However, a 2 week Spring Break also gets zapped when you are still working out all of the details, especially if you are in Technology. My 2nd week was a very full and busy work week! [And yes, there's a lot of gratitude in being at a school that has the rare benefit of a 2 week spring break to begin with!!]
Before we knew it, we were "back to school" (yet of course, still at home) after break. Monday and Tuesday were days of giving and receiving last minute tech training. We were jumping in with both feet on Wednesday, April 1st. (The irony was quite apparent!)

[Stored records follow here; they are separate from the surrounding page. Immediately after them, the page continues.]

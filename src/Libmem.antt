-- ===== src/Libmem.antt =====
-- The regions of a process: the first half of src/libmem.c. `__alloc` and `__free` run under
-- `mmvm_lock`, each as one step. Names lose their leading underscores. A
-- write past `symrgtbl` is a fault.
pub mod Regions
pub mod Alloc
pub mod Layout
pub mod Tame
mod Tests
use easter_egg.Common.{ℕ, zero, suc, ◌+◌, ◌-◌, ◌*◌, ◌/◌, ◌%◌, ◌^◌, Bool, true, false}
use easter_egg.Common.{Option, none, some, List, [], ◌∷◌, get_elem?, set, ltb, leb, ◌==◌}
use easter_egg.Common.{if◌then◌else◌, update, Status, ok, minus_one, ◌>>=◌}
use easter_egg.Pte.{paging_page_alignsz, paging_max_pgn, paging_pgn, paging_offst, paging_fpn}
use easter_egg.Pte.{paging_page_present, paging_pte_swp, pte_set_fpn, pte_set_swap}
use easter_egg.Pte.{paging_addr_fpn_lobit}
use easter_egg.Memphy
use easter_egg.Memphy.{Memphy}
use easter_egg.Vm.{Region, Area, Mm, Caller, Malloc, region, get_vma_by_num, area_at, put_area}
use easter_egg.Vm.{enlist_pgn_node, inc_vma_limit}

abbrev pub paging_max_symtbl_sz : ℕ
paging_max_symtbl_sz = 30

-- The region goes to the list of the first area, whichever area it comes from.
unfoldable pub enlist_vm_freerg_list : Mm → Region → Option (Status × Mm)
enlist_vm_freerg_list mm rg = elim mm.mmap [
  | [] ↦ none
  | v ∷ vs ↦
      (if leb rg.rg_end rg.rg_start
        then some (minus_one, mm)
        else some
            (ok, record mm { mmap = record v { vm_freerg_list = rg ∷ v.vm_freerg_list } ∷ vs }))
]

-- The index of the entry, or `none` for a null result. Index 30 is let through; the table has
-- the entries 0 to 29.
unfoldable pub get_symrg_byid : ℕ → Option ℕ
get_symrg_byid rgid = if ltb paging_max_symtbl_sz rgid then none else some rgid

unfoldable pub symrg_at : Mm → ℕ → Option Region
symrg_at mm rgid = if ltb rgid paging_max_symtbl_sz then some (mm.symrgtbl rgid) else none

unfoldable pub put_symrg : Mm → ℕ → Region → Option Mm
put_symrg mm rgid rg =
    if ltb rgid paging_max_symtbl_sz
    then some (record mm { symrgtbl = update mm.symrgtbl rgid rg })
    else none

-- The loop of `get_free_vmrg_area` from the node in hand on, with `*newrg`: it returns -1 inside
-- the loop when it has passed the last node.
unfoldable pub free_vmrg_loop : List Region → ℕ → Region → Status × Region
free_vmrg_loop [] size newrg = (ok, newrg)
free_vmrg_loop (rgit ∷ rest) size newrg =
    let chosen =
      if leb size (rgit.rg_end - rgit.rg_start) then region rgit.rg_start rgit.rg_end else newrg in
    elim rest [ [] ↦ (minus_one, chosen) | _ ∷ _ ↦ free_vmrg_loop rest size chosen ]

-- The search in a list. `newrg` is set to the two values -1 of an `unsigned long` before it.
unfoldable pub free_vmrg_search : List Region → ℕ → Region → Status × Region
free_vmrg_search [] size newrg = (minus_one, newrg)
free_vmrg_search (rgit ∷ rest) size newrg =
    free_vmrg_loop (rgit ∷ rest) size (region (2 ^ 64 - 1) (2 ^ 64 - 1))

unfoldable pub free_vmrg_at : Mm → Option ℕ → ℕ → Region → Option (Status × Region)
free_vmrg_at mm none size newrg = some (minus_one, newrg)
free_vmrg_at mm (some p) size newrg =
    area_at mm (some p) >>= λ cur_vma. some (free_vmrg_search cur_vma.vm_freerg_list size newrg)

unfoldable pub get_free_vmrg_area : Mm → ℕ → ℕ → Region → Option (Status × Region)
get_free_vmrg_area mm vmaid size newrg =
    get_vma_by_num mm vmaid >>= λ place. free_vmrg_at mm place size newrg

-- `if (inc_sz > size)` of `__alloc`: the rest of the new pages goes to the free list, but for its
-- first byte.
unfoldable pub enlist_rest : Mm → ℕ → ℕ → ℕ → Option Mm
enlist_rest mm size inc_sz old_sbrk =
    if ltb size inc_sz
    then (enlist_vm_freerg_list mm (region (size + old_sbrk + 1) (inc_sz + old_sbrk)) >>= λ r.
        some r.1)
    else some mm

-- What `__alloc` does once the limit has been raised from `old_sbrk`.
unfoldable pub place_region : Caller → Option ℕ → ℕ → ℕ → ℕ → ℕ → Option Caller
place_region caller place rgid size inc_sz old_sbrk = do
  listed ← enlist_rest caller.mm size inc_sz old_sbrk
  named ← put_symrg listed rgid (region old_sbrk (old_sbrk + size))
  cur_vma ← area_at named place
  some (record caller {
    mm = put_area named place (record cur_vma { sbrk = cur_vma.sbrk + inc_sz });
  })

-- The status, `*alloc_addr` (given as it was before), the process's memory. A limit that cannot be
-- raised also gives 0. This is `__alloc` for a `size` that is not negative: from 2^31 - 255 on, where
-- the `int` or its rounding to pages overflows, the code does something else.
unfoldable pub alloc : Malloc → Caller → ℕ → ℕ → ℕ → ℕ → Option (Status × ℕ × Caller)
alloc malloc caller vmaid rgid size alloc_addr = do
  (found, rgnode) ← get_free_vmrg_area caller.mm vmaid size (region 0 0)
  elim found [
    | ok ↦ put_symrg caller.mm rgid rgnode >>= λ mm.
        some (ok, rgnode.rg_start, record caller { mm = mm })
    | _ ↦ get_vma_by_num caller.mm vmaid >>= λ place. elim place [
      | none ↦ some (minus_one, alloc_addr, caller)
      | some p ↦ area_at caller.mm (some p) >>= λ cur_vma.
          inc_vma_limit malloc caller vmaid (paging_page_alignsz size) >>= λ raised. elim raised.0 [
            | ok ↦
                place_region raised.1 (some p) rgid size (paging_page_alignsz size) cur_vma.sbrk
                >>= λ placed. some (ok, cur_vma.sbrk, placed)
            | _ ↦ some (ok, alloc_addr, raised.1)
          ]
    ]
  ]

-- `free`, with its tests in the order of the source.
unfoldable pub free : Caller → ℕ → ℕ → Option (Status × Caller)
free caller vmaid rgid =
    if leb paging_max_symtbl_sz rgid
    then some (minus_one, caller)
    else (let free_rg = caller.mm.symrgtbl rgid in
        if leb free_rg.rg_end free_rg.rg_start
        then some (minus_one, caller)
        else (get_vma_by_num caller.mm vmaid >>= λ place. elim place [
          | none ↦ some (minus_one, caller)
          | some _ ↦
              enlist_vm_freerg_list caller.mm (region free_rg.rg_start free_rg.rg_end) >>= λ r.
              put_symrg r.1 rgid (region 0 0) >>= λ mm. some (ok, record caller { mm = mm })
        ]))

unfoldable pub liballoc : Malloc → Caller → ℕ → ℕ → Option (Status × Caller)
liballoc malloc proc size reg_index = alloc malloc proc 0 reg_index size 0 >>= λ r. some (r.0, r.2)

unfoldable pub libfree : Caller → ℕ → Option (Status × Caller)
libfree proc reg_index = free proc 0 reg_index
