-- ===== src/Print.antt =====
-- The routines of src/mm.c that print the lists of memory management and the page table, and
-- MEMPHY_dump of src/mm-memphy.c: the lines that they print, without the first one of a list, which
-- is its name, and the empty ones. A routine returns -1 where it is given a null list.
pub mod Table
mod Tests
use easter_egg.Common.{ℕ, zero, suc, ◌+◌, ◌-◌, ◌*◌, ◌%◌, ◌^◌, Option, some, List, [], ◌∷◌}
use easter_egg.Common.{Status, ok, minus_one, if◌then◌else◌, ◌==◌, ◌>>=◌}
use easter_egg.Pte.{paging_pgn}
use easter_egg.Memphy.{Memphy}
use easter_egg.Vm.{Region, Area, Caller, get_vma_by_num, area_at}

-- `NULL list`, `fp[%d]`, `rg[%ld->%ld]`, `va[%ld->%ld]`, `va[%d]-`, the line with the two ends of
-- `print_pgtbl`, and `%08ld: %08x`.
pub data Line : Type 0 where
  null_list : Line
  fp : ℕ → Line
  rg : ℕ → ℕ → Line
  vma : ℕ → ℕ → Line
  pgn : ℕ → Line
  pgtbl : ℕ → ℕ → Line
  entry : ℕ → ℕ → Line

-- The loops over the nodes.
unfoldable pub list_fp : List ℕ → List Line
list_fp [] = []
list_fp (fpn ∷ rest) = fp fpn ∷ list_fp rest

unfoldable pub print_list_fp : List ℕ → Status × List Line
print_list_fp [] = (minus_one, null_list ∷ [])
print_list_fp (fpn ∷ rest) = (ok, list_fp (fpn ∷ rest))

unfoldable pub list_rg : List Region → List Line
list_rg [] = []
list_rg (r ∷ rest) = rg r.rg_start r.rg_end ∷ list_rg rest

unfoldable pub print_list_rg : List Region → Status × List Line
print_list_rg [] = (minus_one, null_list ∷ [])
print_list_rg (r ∷ rest) = (ok, list_rg (r ∷ rest))

unfoldable pub list_vma : List Area → List Line
list_vma [] = []
list_vma (v ∷ rest) = vma v.vm_start v.vm_end ∷ list_vma rest

unfoldable pub print_list_vma : List Area → Status × List Line
print_list_vma [] = (minus_one, null_list ∷ [])
print_list_vma (v ∷ rest) = (ok, list_vma (v ∷ rest))

unfoldable pub list_pgn : List ℕ → List Line
list_pgn [] = []
list_pgn (p ∷ rest) = pgn p ∷ list_pgn rest

unfoldable pub print_list_pgn : List ℕ → Status × List Line
print_list_pgn [] = (minus_one, null_list ∷ [])
print_list_pgn (p ∷ rest) = (ok, list_pgn (p ∷ rest))

-- The loop of `print_pgtbl` from page `pgit` on; an entry has 4 bytes.
unfoldable pub list_pgd : (ℕ → ℕ) → ℕ → ℕ → List Line
list_pgd pgd zero pgit = []
list_pgd pgd (suc rounds) pgit = entry (pgit * 4) (pgd pgit) ∷ list_pgd pgd rounds (pgit + 1)

-- `end` is a `uint32_t`, and -1 stands for the end of the first area; a null pointer to it is
-- followed. The test of `caller` comes too late to matter.
unfoldable pub last_address : Caller → ℕ → Option ℕ
last_address caller end =
    if end == 2 ^ 32 - 1
    then (get_vma_by_num caller.mm 0 >>= λ place.
        area_at caller.mm place >>= λ cur_vma. some (cur_vma.vm_end % 2 ^ 32))
    else some end

unfoldable pub print_pgtbl : Caller → ℕ → ℕ → Option (Status × List Line)
print_pgtbl caller start end = last_address caller end >>= λ last. some (
  ok,
  pgtbl start last ∷ list_pgd caller.mm.pgd (paging_pgn last - paging_pgn start) (paging_pgn start),
)

-- Prints nothing.
unfoldable pub dump : Memphy → Status × List Line
dump mp = (ok, [])
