-- ===== src/Paging.antt =====
-- Pages on demand and the bytes of a region: the second half of src/libmem.c. `find_victim_page` runs
-- under `mmvm_lock`. Names lose their leading underscores.
pub mod Victim
pub mod Pages
pub mod Tame
mod Tests
use easter_egg.Common.{ℕ, zero, suc, ◌+◌, ◌-◌, ◌*◌, ◌/◌, ◌%◌, ◌^◌, Bool, true, false}
use easter_egg.Common.{Option, none, some, List, [], ◌∷◌, get_elem?, set, ltb, leb, ◌==◌}
use easter_egg.Common.{if◌then◌else◌, update, Status, ok, minus_one, ◌>>=◌}
use easter_egg.Pte.{paging_page_alignsz, paging_max_pgn, paging_pgn, paging_offst, paging_fpn}
use easter_egg.Pte.{paging_page_present, paging_pte_swp, pte_set_fpn, pte_set_swap}
use easter_egg.Pte.{paging_addr_fpn_lobit}
use easter_egg.Memphy
use easter_egg.Memphy.{Memphy}
use easter_egg.Vm.{Region, Area, Mm, Caller, Malloc, region, get_vma_by_num, area_at, put_area}
use easter_egg.Vm.{enlist_pgn_node, inc_vma_limit}
use easter_egg.Libmem.{get_symrg_byid, symrg_at}
use easter_egg.Print.{print_pgtbl}

-- The walk of `find_victim_page` to the last node: its page, and the list without it.
unfoldable pub last_page : ℕ → List ℕ → ℕ × List ℕ
last_page pg [] = (pg, [])
last_page pg (next ∷ rest) = let (victim, kept) = last_page next rest in (victim, pg ∷ kept)

-- The status, `*retpgn` (given as it was before), the list `fifo_pgn`.
unfoldable pub find_victim_page : List ℕ → ℕ → Status × ℕ × List ℕ
find_victim_page fifo retpgn = elim fifo [
  | [] ↦ (minus_one, retpgn, [])
  | pg ∷ rest ↦ (let (victim, kept) = last_page pg rest in (ok, victim, kept))
]

-- The part of `pg_getpage` that brings page `pgn` in for the victim `vicpgn`. The entry of `pgn`
-- is changed in a local variable only.
unfoldable pub swap_in : Malloc → Caller → ℕ → ℕ → ℕ → Option (Status × ℕ × Caller)
swap_in malloc caller pgn fpn vicpgn =
    let pte = caller.mm.pgd pgn in
    let tgtfpn = paging_pte_swp pte in
    let vicpte = caller.mm.pgd vicpgn in
    let vicfpn = paging_fpn vicpte in
    let (got, swpfpn, mswp) = Memphy.get_freefp caller.active_mswp 0 in
    if leb paging_max_pgn vicpgn
    then some (minus_one, fpn, caller)
    else if paging_page_present vicpte == 0
    then some (minus_one, fpn, caller)
    else elim got [
      | ok ↦ (do
        swapped_out ← Memphy.swap_cp_page malloc.byte caller.mram vicfpn mswp swpfpn
        ram ← Memphy.swap_cp_page malloc.byte swapped_out tgtfpn caller.mram vicfpn
        some (
          ok,
          paging_fpn (pte_set_fpn pte vicfpn),
          record caller {
            mm = record (caller.mm) {
              pgd = update caller.mm.pgd vicpgn (pte_set_swap vicpte 0 swpfpn);
              fifo_pgn = enlist_pgn_node caller.mm.fifo_pgn pgn;
            };
            mram = ram;
            active_mswp = Memphy.put_freefp swapped_out tgtfpn;
          },
        ))
      | _ ↦ some (minus_one, fpn, caller)
    ]

-- The status, `*fpn` (given as it was before), the process's memory; `mm` is `caller->mm` in
-- every call.
unfoldable pub pg_getpage : Malloc → Caller → ℕ → ℕ → Option (Status × ℕ × Caller)
pg_getpage malloc caller pgn fpn =
    let pte = caller.mm.pgd pgn in
    let (found, vicpgn, fifo) = find_victim_page caller.mm.fifo_pgn 0 in
    if leb paging_max_pgn pgn
    then some (minus_one, fpn, caller)
    else if paging_page_present pte == 0
    then elim found [
      | ok ↦
          swap_in malloc (record caller { mm = record (caller.mm) { fifo_pgn = fifo } }) pgn fpn
            vicpgn
      | _ ↦ some (minus_one, fpn, caller)
    ]
    else some (ok, paging_fpn pte, caller)

-- `fpn << PAGING_ADDR_FPN_LOBIT`, plus the offset.
abbrev pub phys_addr : ℕ → ℕ → ℕ
phys_addr fpn off = fpn * 2 ^ paging_addr_fpn_lobit + off

-- The status, `*data` (given as it was before), the process's memory.
unfoldable pub pg_getval : Malloc → Caller → ℕ → ℕ → Option (Status × ℕ × Caller)
pg_getval malloc caller addr byte = do
  (got, fpn, paged) ←
      pg_getpage malloc caller (paging_pgn addr) (paging_fpn (caller.mm.pgd (paging_pgn addr)))
  elim got [
    | ok ↦ Memphy.read paged.mram (phys_addr fpn (paging_offst addr)) byte >>= λ r. elim r.0 [
      | ok ↦ some (ok, r.1, record paged { mram = r.2 })
      | _ ↦ some (minus_one, r.1, record paged { mram = r.2 })
    ]
    | _ ↦ some (minus_one, byte, paged)
  ]

unfoldable pub pg_setval : Malloc → Caller → ℕ → ℕ → Option (Status × Caller)
pg_setval malloc caller addr value = do
  (got, fpn, paged) ← pg_getpage malloc caller (paging_pgn addr) 0
  elim got [
    | ok ↦ Memphy.write paged.mram (phys_addr fpn (paging_offst addr)) value >>= λ r. elim r.0 [
      | ok ↦ some (ok, record paged { mram = r.1 })
      | _ ↦ some (minus_one, record paged { mram = r.1 })
    ]
    | _ ↦ some (minus_one, paged)
  ]

-- The address of a byte of a region, cut to the `int` that is passed on.
abbrev pub region_addr : Region → ℕ → ℕ
region_addr currg offset = (currg.rg_start + offset) % 2 ^ 32

unfoldable pub read : Malloc → Caller → ℕ → ℕ → ℕ → ℕ → Option (Status × ℕ × Caller)
read malloc caller vmaid rgid offset byte = get_vma_by_num caller.mm vmaid >>= λ place.
    elim (get_symrg_byid rgid) [
      | none ↦ some (minus_one, byte, caller)
      | some id ↦ elim place [
        | none ↦ some (minus_one, byte, caller)
        | some _ ↦ symrg_at caller.mm id >>= λ currg.
            pg_getval malloc caller (region_addr currg offset) byte
      ]
    ]

unfoldable pub write : Malloc → Caller → ℕ → ℕ → ℕ → ℕ → Option (Status × Caller)
write malloc caller vmaid rgid offset value = get_vma_by_num caller.mm vmaid >>= λ place.
    elim (get_symrg_byid rgid) [
      | none ↦ some (minus_one, caller)
      | some id ↦ elim place [
        | none ↦ some (minus_one, caller)
        | some _ ↦ symrg_at caller.mm id >>= λ currg.
            pg_setval malloc caller (region_addr currg offset) value
      ]
    ]

-- A `BYTE` is a signed `char`: as a `uint32_t` it is extended by its sign.
abbrev pub sign_extend : ℕ → ℕ
sign_extend byte = if leb 128 byte then byte + (2 ^ 32 - 256) else byte

-- The status, `*destination`, the process's memory. What is printed is dropped, but printing the page
-- table follows a pointer to the first area, in `libwrite` before the write. The pointer
-- `destination` is never null.
unfoldable pub libread : Malloc → Caller → ℕ → ℕ → Option (Status × ℕ × Caller)
libread malloc proc source offset = read malloc proc 0 source offset malloc.byte >>= λ r. elim r.0 [
  | ok ↦ print_pgtbl r.2 0 (2 ^ 32 - 1) >>= λ _. some (ok, sign_extend r.1, r.2)
  | _ ↦ some (minus_one, 2 ^ 32 - 1, r.2)
]

-- `data` is given as the 8 bits of a `BYTE`.
unfoldable pub libwrite : Malloc → Caller → ℕ → ℕ → ℕ → Option (Status × Caller)
libwrite malloc proc byte destination offset =
    print_pgtbl proc 0 (2 ^ 32 - 1) >>= λ _. write malloc proc 0 destination offset byte

-- The loop of `free_pcb_memph` from page `pagenum` on: a page that is not present gives its frame
-- field to RAM, a page that is present gives its swap field to the swap device.
unfoldable pub free_pcb_loop : ℕ → ℕ → Caller → Caller
free_pcb_loop zero pagenum caller = caller
free_pcb_loop (suc rounds) pagenum caller =
    let pte = caller.mm.pgd pagenum in
    free_pcb_loop rounds (pagenum + 1) (
      if paging_page_present pte == 0
      then record caller { mram = Memphy.put_freefp caller.mram (paging_fpn pte) }
      else record caller {
        active_mswp = Memphy.put_freefp caller.active_mswp (paging_pte_swp pte);
      })

-- Returns 0 always.
unfoldable pub free_pcb_memph : Caller → Caller
free_pcb_memph caller = free_pcb_loop paging_max_pgn 0 caller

Remote Learning settled into a daily version of the movie "Groundhog's Day." Lather, rinse, repeat. Zoom, tech help, repeat. I was so thankful that my own children were old enough to be on autopilot. It certainly made our houseful of 4 Zooming-homeworkers workable. My heart goes out to my colleagues who have "little littles." For our elementary students, we had homeroom teachers doing 2 zooms daily with their students, and then the students had 1-3 specials a day as well. Given the time on screens, we did not hold additional Technology classes--everything was Tech these days! But we did give weekly assignments--mostly short keyboarding assignments and maker activities using the design process. Most of those Specials asynchronous assignments shifted to optional over time due to Zoom fatigue being a real thing. Given all of that, my role shifted away from teaching students and was split between tech support and teaching teachers. Helping them with the Zoom tools and a variety of websites, restructuring our report cards to best accommodate this term, or creating online materials for our teachers--things that are certainly not central to our style of PS-5th grade classrooms. Remote Learning was a brand new animal in the elementary school setting--especially for our youngest Preschool and Prekindergarten students.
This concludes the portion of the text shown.